* THE TASK *
Restate word for word the lines of the records below, starting at the line that contains "step_lem (forwarding m spent) taken" and ending at the line that contains "step_lem pinging in_closed xs n ok = tt", with both of those lines included and nothing else.

* RECORDS SHOWN *
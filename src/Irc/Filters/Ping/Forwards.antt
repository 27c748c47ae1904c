-- ===== src/Irc/Filters/Ping/Forwards.antt =====
-- What `AutoPing` sends on: the messages that it receives, without the PONGs.
use irc_idler.Prelude.{
  ℕ, List, [], ◌∷◌, ◌++◌, some, ◌≡◌, refl, sym, ap, ◌∙◌, append-nil, append_assoc, length, ◌≤◌,
  arith, inl, inr, Option, none, ◌⊎◌, bytes_eq, if◌then◌else◌, true, false,
}
use irc_idler.Prelude.Machine.{run, run-cons}
use irc_idler.Irc.Message.{Message}
use irc_idler.Irc.Codes.{cmd_pong}
use irc_idler.Irc.Filters.Pong.{Dest, forward, reply}
use irc_idler.Irc.Filters.Ping.{
  running, fired, spent, Signal, cancelled, arrive, in_closed, taken, expires, tick, Pinger,
  listening, forwarding, pinging, returned, disconnected, blocked, panicked, on_message, ping_step,
  pinger, auto_ping,
}
use irc_idler.Irc.Filters.Ping.Quiet.{Fits, quiet, ping_step-Fits}

-- The messages that arrive and are no PONG.
unfoldable pub spoken : List Signal → List Message
spoken [] = []
spoken (cancelled ∷ xs) = spoken xs
spoken (arrive m ∷ xs) =
    let rest = spoken xs in if bytes_eq m.command cmd_pong then rest else m ∷ rest
spoken (in_closed ∷ xs) = spoken xs
spoken (taken ∷ xs) = spoken xs
spoken (expires ∷ xs) = spoken xs
spoken (tick ∷ xs) = spoken xs

-- What is sent to `forward`.
unfoldable pub forwarded : List (Dest × Message) → List Message
forwarded [] = []
forwarded ((forward, m) ∷ l) = m ∷ forwarded l
forwarded ((reply, m) ∷ l) = forwarded l

forwarded-append : (l r : List (Dest × Message)) → forwarded (l ++ r) ≡ forwarded l ++ forwarded r
unfolding forwarded
forwarded-append [] r = refl
forwarded-append ((forward, m) ∷ l) r = ap (λ (t : List Message). m ∷ t) (forwarded-append l r)
forwarded-append ((reply, m) ∷ l) r = forwarded-append l r

-- What a state has received and not sent.
held : Pinger → List Message
held (listening sent t) = []
held (forwarding m t) = m ∷ []
held pinging = []
held returned = []
held disconnected = []
held blocked = []
held panicked = []

few_held : (s : Pinger) → length (held s) ≤ 1
unfolding held
few_held (listening sent t) = omega arith
few_held (forwarding m t) = omega arith
few_held pinging = omega arith
few_held returned = omega arith
few_held disconnected = omega arith
few_held blocked = omega arith
few_held panicked = omega arith

data Stopped : Pinger → Type 0 where
  by_return : Stopped returned
  by_disconnect : Stopped disconnected
  by_panic : Stopped panicked

run-Stopped :
    {s s' : Pinger} (xs : List Signal) {sent : List (Dest × Message)}
    → Stopped s
    → run ping_step s xs ≡ some (s', sent)
    → (xs ≡ []) × (sent ≡ [])
unfolding run ping_step
run-Stopped [] h e = ground arith
run-Stopped (x ∷ xs) by_return e = ground arith
run-Stopped (x ∷ xs) by_disconnect e = ground arith
run-Stopped (x ∷ xs) by_panic e = ground arith

held-on_message :
    (m : Message) (xs : List Signal) → held (on_message m) ++ spoken xs ≡ spoken (arrive m ∷ xs)
unfolding held on_message spoken
held-on_message m xs = ground arith

-- What is due from a state on.
abbrev due : Pinger → List Signal → List Message
due s xs = held s ++ spoken xs

abbrev StepSends : Pinger → Signal → List Signal → Option (Pinger × List (Dest × Message)) → Type 0
StepSends s x xs none = Unit
StepSends s x xs (some (s1, sent)) =
    (forwarded sent ++ due s1 xs ≡ due s (x ∷ xs))
    ⊎ (Stopped s1 × (sent ≡ []) × (spoken (x ∷ xs) ≡ spoken xs))

-- A step that goes on keeps what is due; another loses what is held.
step_lem :
    (s : Pinger) (x : Signal) (xs : List Signal) (n : ℕ)
    → Fits s n
    → StepSends s x xs (ping_step s x)
unfolding Fits ping_step held spoken forwarded
step_lem (listening true running) cancelled xs n ok = inr (by_return, refl, refl)
step_lem (listening true running) (arrive m') xs n ok = inl (held-on_message m' xs)
step_lem (listening true running) in_closed xs n ok = inr (by_panic, refl, refl)
step_lem (listening true running) taken xs n ok = tt
step_lem (listening true running) expires xs n ok = inl refl
step_lem (listening true running) tick xs n ok = tt
step_lem (listening true fired) cancelled xs n ok = inr (by_return, refl, refl)
step_lem (listening true fired) (arrive m') xs n ok = inl (held-on_message m' xs)
step_lem (listening true fired) in_closed xs n ok = inr (by_panic, refl, refl)
step_lem (listening true fired) taken xs n ok = tt
step_lem (listening true fired) expires xs n ok = tt
step_lem (listening true fired) tick xs n ok = inr (by_disconnect, refl, refl)
step_lem (listening true spent) cancelled xs n ok = absurd ok
step_lem (listening true spent) (arrive m') xs n ok = absurd ok
step_lem (listening true spent) in_closed xs n ok = absurd ok
step_lem (listening true spent) taken xs n ok = absurd ok
step_lem (listening true spent) expires xs n ok = absurd ok
step_lem (listening true spent) tick xs n ok = absurd ok
step_lem (listening false running) cancelled xs n ok = inr (by_return, refl, refl)
step_lem (listening false running) (arrive m') xs n ok = inl (held-on_message m' xs)
step_lem (listening false running) in_closed xs n ok = inr (by_panic, refl, refl)
step_lem (listening false running) taken xs n ok = tt
step_lem (listening false running) expires xs n ok = inl refl
step_lem (listening false running) tick xs n ok = tt
step_lem (listening false fired) cancelled xs n ok = inr (by_return, refl, refl)
step_lem (listening false fired) (arrive m') xs n ok = inl (held-on_message m' xs)
step_lem (listening false fired) in_closed xs n ok = inr (by_panic, refl, refl)
step_lem (listening false fired) taken xs n ok = tt
step_lem (listening false fired) expires xs n ok = tt
step_lem (listening false fired) tick xs n ok = inl refl
step_lem (listening false spent) cancelled xs n ok = absurd ok
step_lem (listening false spent) (arrive m') xs n ok = absurd ok
step_lem (listening false spent) in_closed xs n ok = absurd ok
step_lem (listening false spent) taken xs n ok = absurd ok
step_lem (listening false spent) expires xs n ok = absurd ok
step_lem (listening false spent) tick xs n ok = absurd ok
step_lem (forwarding m running) cancelled xs n ok = inr (by_return, refl, refl)
step_lem (forwarding m running) (arrive m') xs n ok = tt
step_lem (forwarding m running) in_closed xs n ok = tt
step_lem (forwarding m running) taken xs n ok = inl refl
step_lem (forwarding m running) expires xs n ok = inl refl
step_lem (forwarding m running) tick xs n ok = tt
step_lem (forwarding m fired) cancelled xs n ok = inr (by_return, refl, refl)
step_lem (forwarding m fired) (arrive m') xs n ok = tt
step_lem (forwarding m fired) in_closed xs n ok = tt
step_lem (forwarding m fired) taken xs n ok = inl refl
step_lem (forwarding m fired) expires xs n ok = tt
step_lem (forwarding m fired) tick xs n ok = tt
step_lem (forwarding m spent) cancelled xs n ok = absurd ok
step_lem (forwarding m spent) (arrive m') xs n ok = absurd ok
step_lem (forwarding m spent) in_closed xs n ok = absurd ok
step_lem (forwarding m spent) taken xs n ok = absurd ok
step_lem (forwarding m spent) expires xs n ok = absurd ok
step_lem (forwarding m spent) tick xs n ok = absurd ok
step_lem pinging cancelled xs n ok = inr (by_return, refl, refl)
step_lem pinging (arrive m') xs n ok = tt
step_lem pinging in_closed xs n ok = tt
step_lem pinging taken xs n ok = inl refl
step_lem pinging expires xs n ok = tt
step_lem pinging tick xs n ok = tt
step_lem returned x xs n ok = tt
step_lem disconnected x xs n ok = tt
step_lem panicked x xs n ok = tt
step_lem blocked x xs n ok = absurd ok

-- What was sent to `forward` is what was due, but for one message at most at the end.
Forwards : Pinger → List Signal → List (Dest × Message) → Type 0
Forwards s xs sent = (lost : List Message) × (length lost ≤ 1) × (forwarded sent ++ lost ≡ due s xs)

run-Forwards :
    (s : Pinger) (xs : List Signal) (n : ℕ) {s' : Pinger} {sent : List (Dest × Message)}
    → Fits s n
    → run ping_step s xs ≡ some (s', sent)
    → Forwards s xs sent
unfolding run Forwards
run-Forwards s [] n {s'} {sent} ok e =
    let none_sent : sent ≡ [] = cc e in
    (held s, few_held s, rw none_sent (unfold spoken forwarded in sym (append-nil (held s))))
run-Forwards s (x ∷ xs) n {s'} {sent} ok e =
    let (s1, sent1, more, e1, e3, whole) = run-cons ping_step s x xs e in
    let all : forwarded sent ≡ forwarded sent1 ++ forwarded more =
      ap forwarded whole ∙ forwarded-append sent1 more in
    let step : StepSends s x xs (some (s1, sent1)) = rw e1 at (step_lem s x xs n ok) in
    elim step [
      | inl keeps ↦
          let (lost, few, rest) =
            run-Forwards s1 xs (quiet n (x ∷ [])) (ping_step-Fits s x n ok e1) e3 in
          (
            lost,
            few,
            ap (λ (l : List Message). l ++ lost) all
                ∙ append_assoc (forwarded sent1) (forwarded more) lost
                ∙ ap (λ (l : List Message). forwarded sent1 ++ l) rest
                ∙ keeps,
          )
      | inr (stopped, none_sent, same) ↦
          let (no_more, nothing) = run-Stopped xs stopped e3 in
          let empty : forwarded sent ≡ [] = all ∙ unfold forwarded in cc (none_sent, nothing) in
          (
            held s,
            few_held s,
            ap (λ (l : List Message). l ++ held s) empty
                ∙ sym (append-nil (held s))
                ∙ ap (λ (l : List Message). held s ++ l) (unfold spoken in cc (same, no_more)),
          )
    ]

-- What AutoPing sends to forward is what it received and is no PONG, in order, but for one
-- message at most at the end.
pub auto_ping-forwarded :
    (xs : List Signal) {s : Pinger} {sent : List (Dest × Message)}
    → auto_ping xs ≡ some (s, sent)
    → (lost : List Message) × (length lost ≤ 1) × (forwarded sent ++ lost ≡ spoken xs)
unfolding auto_ping Forwards held Fits
auto_ping-forwarded xs e = run-Forwards pinger xs 0 (omega arith) e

* RESPONSE *
step_lem (forwarding m spent) taken xs n ok = absurd ok
step_lem (forwarding m spent) expires xs n ok = absurd ok
step_lem (forwarding m spent) tick xs n ok = absurd ok
step_lem pinging cancelled xs n ok = inr (by_return, refl, refl)
step_lem pinging (arrive m') xs n ok = tt
step_lem pinging in_closed xs n ok = tt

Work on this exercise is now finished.